FNG/TUD TUNGSTEN EXPERIMENT



 1. Name of experiment:
    -------------------
    TUD/FNG measurement of neutron and photon flux spectra in the FNG tungsten
    assembly (2002).

 2. Purpose and phenomena tested:
    -----------------------------
    Transport data benchmark by determination of spectral neutron flux and
    spectral photon flux at four positions in a thick block of W irradiated
    with 14 MeV neutrons

 3. Description of source and experimental configuration:
    -----------------------------------------------------
    The Frascati Neutron Generator [1] was used as 14 MeV D-T neutron
    source. The angular dependence of the source intensity is presented in
    Fig. 1. The angular dependence of the source energy distribution is
    given in Fig. 2. Note that these figures were obtained using the obsolete
    D-T source subroutine (source.for) and may vary slightly from those of
    the new recommended subroutine (DT_MCNP5.TXT for MCNP5, source.F and
    srcdx.F for MCNPX).
    The geometry of the assembly is shown in Fig. 3. The angle between the
    deuteron beam of the neutron generator and an axis crossing neutron
    source and centre of the detector was 0 degrees. The dimensions of the
    W alloy block were 47 cm * 47 cm * 49 cm of length (z-axis). The tritium
    target of the neutron source was located at z = -5.3 cm.
    The W alloy of the central part had a density of 18.1 g/cm3 and an elemental
    composition of 95 wt-% of W, 1.6 wt-% of Fe and 3.4 wt-% of Ni.

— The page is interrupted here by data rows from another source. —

-- ===== src/Lib.antt =====
-- The hardware abstraction libraries of the msm7k and qsd8k platforms: a model of the parts that
-- decide, and theorems about them.
--
-- The parts and their files:
-- - Allocator.antt: `SimpleBestFitAllocator` of libgralloc/allocator.h and allocator.cpp (copied in
--   libgralloc-qsd8k), which shares a region out in units of 32 bytes. A state is the list of its
--   chunks in order, with the heap's size; `set_size`, `allocate`, `deallocate`, `alloc` and `dealloc`
--   are the methods. Below it, Layout has the invariant, Search, Carve and Alloc the search and the
--   split, Merge, Neighbours, Dealloc, Release and AnyOffset the release, Grant, Undo and History what
--   a client sees, and Assertions the release with the fatal assertions of `dealloc` compiled in,
--   which `deallocate` leaves out.
-- - Pmem.antt: `PmemUserspaceAllocator` of libgralloc-qsd8k/pmemalloc.cpp, over the heap interface
--   `HeapOps`, which Pmem/Failure.antt fills with the best-fit allocator; Pmem/Kernel.antt:
--   `PmemKernelAllocator`. A state has the descriptor and the address of the region, the heap and the
--   calls made. Region is about setting up, Failure and Cycle about taking and giving back,
--   Descriptors about the descriptors of the kernel allocator.
-- - Handle.antt: `private_handle_t` of libgralloc-qsd8k/gralloc_priv.h, the handle that the mapper and
--   the device share.
-- - Mapper.antt: libgralloc-qsd8k/mapper.cpp, `gralloc_map` to `gralloc_unlock` as whole calls. A
--   state is the handle; the words that a compare-and-swap saw and lost to another thread are a list
--   that the call is given. Mapper/Threads.antt has the loops of `gralloc_lock` and `gralloc_unlock`
--   again as a step relation of threads over the lock word and its owner. A step is one access of the
--   shared handle, but for the start of an unlock, which reads the word and the owner and clears the
--   owner in one step (only the thread that locked for writing is the owner), and the test of the
--   mapped bit, which goes with its atomic or under the map lock. Word has the abstract lock, Rounds,
--   Invariant, Moves and Exclusion the threads, and Calls the calls.
-- - Gpu.antt: libgralloc-qsd8k/gpu.cpp, over the two pmem allocators as the interface `PmemOps`.
--   Gpu/Buffers.antt: `gralloc_alloc_buffer` and `gralloc_alloc_framebuffer`; Gpu/Format.antt: the
--   formats and the sizes; Gpu/Device.antt: `alloc_impl` and `free_impl`, which calls the mapper's
--   `terminateBuffer`. `mapFrameBufferLocked`, which the code calls through an interface, is a
--   parameter here. A state has the screen, the two allocators and the calls made. Slots and
--   Framebuffer are about the framebuffer, Rounding and Extent about sizes, and Resources and Ashmem
--   about what ashmem buffers hold.
-- - Framebuffer.antt: `mapFrameBufferLocked`, `fb_setSwapInterval` and `fb_setUpdateRect` of
--   libgralloc-qsd8k/framebuffer.cpp; Framebuffer/Mapping.antt is about the mapping, which leaves a
--   screen that Gpu can allocate on.
-- - Lights.antt and Lights/Device.antt: liblights/lights.c. A state is the global variables and the
--   writes, newest first. Kept and Fixed have what the functions leave alone, Brightness the
--   brightness, Shown and Priority what the lamp shows.
-- - Copybit.antt: the rectangles and images of libcopybit/copybit.cpp; Copybit/Stretch.antt:
--   `set_rects`, `msm_copybit`, `stretch_copybit` and `blit_copybit`; Copybit/Settings.antt:
--   `set_parameter_copybit`, `get` and `open_copybit`. Batches, Clip, Scale, Beside and Control hold
--   the theorems.
-- - AudioPolicy.antt: `getDeviceForStrategy` and `computeVolume` of
--   libaudio-qsd8k/AudioPolicyManager.cpp, with Routing, Priority, Media and Volume below it.
-- - Rpc.antt: librpc, the calls of the other processor. Rpc.antt has the handle `XDR` and the outcome
--   of its routines; Rpc/Stream.antt the operations of librpc/svc_clnt_common.c; Rpc/Scalars.antt and
--   Rpc/Compound.antt the routines of librpc/xdr.c; Rpc/Message.antt the headers of librpc/rpc.c and
--   librpc/clnt.c; Rpc/Server.antt and Rpc/Dispatch.antt librpc/svc.c; Rpc/Client.antt and
--   Rpc/Receiver.antt `clnt_call`, the receiving thread's handling of a client and the list of clients
--   of librpc/clnt.c; Rpc/Callback.antt a round of its callback thread; Rpc/Ops.antt the wait in
--   `r_open` of librpc/ops.c. Memory and Codec tie routines to bytes, Exchange follows a message from
--   one side to the other, Bounds is about lengths that wrap, and Registry and Clients are about the
--   two lists. A buffer is a list, a null pointer is none, and an access outside of memory is the
--   outcome `undefined`. What the routine of an element does at a target outside of the memory, which
--   may be to fail before it touches that, is a parameter of the routines for arrays and pointers;
--   Rpc/Scalars.antt has it for `xdr_u_int`.
-- - Prelude.antt and Errno.antt: Boolean tests, lists, integers, bit operations, 32-bit words and
--   error numbers, which all parts share.
--
-- Numbers: a word of 32 bits is a number with its wrap-around written out; an `int` that the code
-- compares with 0 or returns is an integer, and an `int` of a rectangle, of an image or of a light is
-- its 32-bit pattern. A division by 0, in the blitter or on the framebuffer, is the result none.
--
-- What stands outside the repository is a parameter: the constants of the platform's headers, the
-- system's answers, the display driver, the volumes and the base class of the audio policy. The system
-- and the driver are functions of the calls made before, so they may answer anything; where a theorem
-- needs that error numbers are positive, that a call gives 0 or an error, or that mmap gives no
-- address 0, it says so. What is asked while the framebuffer is mapped has one answer a call.
--
-- No definition uses fuel: the loops are recursions on the list of chunks, on the list of the
-- rectangles of a region, on the slots of the framebuffer, on the elements of an array, on the sleeps
-- that are left, and on the words that a compare-and-swap lost to. The threads of the lock word are
-- fewer than 2 ^ 30 - 1, which is as many as its count holds.
--
-- Not modelled: threads, apart from the lock word (a mutex is held over each other operation that is
-- modelled), the contents of memory, logging, and the parts of the repository that the list above does
-- not name: the posting of framebuffers, the gralloc of msm7k, the audio and camera hardware and the
-- daemons, and, of the RPC library, the waits and the loops over poll and select, the reset callbacks
-- and the opening and closing of devices.
pub mod Prelude
pub mod Errno
pub mod Handle
pub mod Allocator
pub mod Pmem
pub mod Mapper
pub mod AudioPolicy
pub mod Copybit
pub mod Gpu
pub mod Lights
pub mod Framebuffer
pub mod Rpc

    Neutron and photon flux spectra were measured on the central axis of
    the assembly in four positions (P1,...,P4) at z = 5, 15, 25 and 35 cm.

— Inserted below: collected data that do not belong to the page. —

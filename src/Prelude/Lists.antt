-- ===== src/Prelude/Lists.antt =====
-- Lists measured and indexed by native numbers, under the library's names, and a walk back over
-- the nodes that a cursor has passed.
use Prim.Native.Nat.{ℕ, zero, suc, ◌+◌}
use mathlib.Core.Path.{◌≡◌, refl, ap}
use mathlib.Core.List.{List, [], ◌∷◌, ◌++◌}
use mathlib.Core.Option.{Option, none, some}
use native.Mathlib.Omega.{arith}

module _ {ℓ} {A : Type ℓ} where
  abbrev pub length : List A → ℕ
  length [] = 0
  length (x ∷ xs) = suc (length xs)

  abbrev pub get_elem? : List A → ℕ → Option A
  get_elem? [] i = none
  get_elem? (x ∷ xs) zero = some x
  get_elem? (x ∷ xs) (suc i) = get_elem? xs i

  -- Replaces the element at an index by a list; out of range nothing changes.
  abbrev pub splice : List A → ℕ → List A → List A
  splice [] i ys = []
  splice (x ∷ xs) zero ys = ys ++ xs
  splice (x ∷ xs) (suc i) ys = x ∷ splice xs i ys

  -- The list whose front is `left`, nearest element first, and whose rest is `right`.
  abbrev pub rejoin : List A → List A → List A
  rejoin [] right = right
  rejoin (x ∷ left) right = rejoin left (x ∷ right)

  pub length-append : (xs ys : List A) → length (xs ++ ys) ≡ length xs + length ys
  length-append [] ys = omega arith
  length-append (x ∷ xs) ys = omega (arith, length-append xs ys)

  pub splice-append :
      (xs : List A) (x : A) (ys zs : List A)
      → splice (xs ++ (x ∷ ys)) (length xs) zs ≡ xs ++ (zs ++ ys)
  splice-append [] x ys zs = refl
  splice-append (y ∷ xs) x ys zs = ap (◌∷◌ y) (splice-append xs x ys zs)

  -- The same at a list and a position that are known by equations.
  pub splice_at :
      (l xs : List A) (x : A) (ys zs : List A) (i : ℕ)
      → l ≡ xs ++ (x ∷ ys)
      → i ≡ length xs
      → splice l i zs ≡ xs ++ (zs ++ ys)
  splice_at l xs x ys zs i e f = rw (e, f) (splice-append xs x ys zs)

  pub get_elem?-append :
      (xs : List A) (x : A) (ys : List A) → get_elem? (xs ++ (x ∷ ys)) (length xs) ≡ some x
  get_elem?-append [] x ys = refl
  get_elem?-append (y ∷ xs) x ys = get_elem?-append xs x ys

  -- Walking over `xs` puts it in front of what lies behind the cursor, and walking back undoes it.
  pub rejoin-rejoin : (xs l ys : List A) → rejoin (rejoin xs l) ys ≡ rejoin l (xs ++ ys)
  rejoin-rejoin [] l ys = refl
  rejoin-rejoin (x ∷ xs) l ys = rejoin-rejoin xs (x ∷ l) ys

  pub rejoin-append : (xs ys l : List A) → rejoin (xs ++ ys) l ≡ rejoin ys (rejoin xs l)
  rejoin-append [] ys l = refl
  rejoin-append (x ∷ xs) ys l = rejoin-append xs ys (x ∷ l)

  pub length-rejoin : (xs l : List A) → length (rejoin xs l) ≡ length xs + length l
  length-rejoin [] l = omega arith
  length-rejoin (x ∷ xs) l = omega (arith, length-rejoin xs (x ∷ l))

  -- The list with one element, or none.
  abbrev pub opt_list : Option A → List A
  opt_list none = []
  opt_list (some x) = x ∷ []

    4. Measurement system:
    ----------------------
    Neutron and photon pulse-height spectra were measured simultaneously
    using an NE 213 scintillation spectrometer. The dimensions of the
    cylindrical active volume of the detector were 3.8 cm in both height
    and diameter. Its material had a mass density of 0.874 g/cm3 and an
    elemental composition of 54.8 at-% H and 45.2 at-% C.
    The scintillator was coupled to a photomultiplier by means of a 50 cm
    long light guide. When the detector was located at one of the
    positions (P 2 in Fig. 3), the other ones were filled with rods of W
    alloy.

    5. Description of results and analysis:
    ---------------------------------------
    Data evaluation:
    The DIFBAS code developed at PTB Braunschweig [2,3] was employed for
    unfolding the measured pulse-height distributions in order to generate
    the neutron and photon flux spectra. They were obtained as absolute
    fluxes, as the response matrices have been determined on an absolute
    scale by detailed simulations of experimental distributions from mono-
    energetic neutron and photon sources with Monte Carlo codes.

    Calculations:
    A computational analysis was performed with the Monte Carlo code MCNP-
    4C [4] using a full 3D model of the assembly, the neutron generator and
    the experimental hall. Nuclear data were taken from the FENDL/MC-2.0
    data library [5]. The spectra were calculated as average flux in the
    scintillator volume by means of the track length estimator of MCNP.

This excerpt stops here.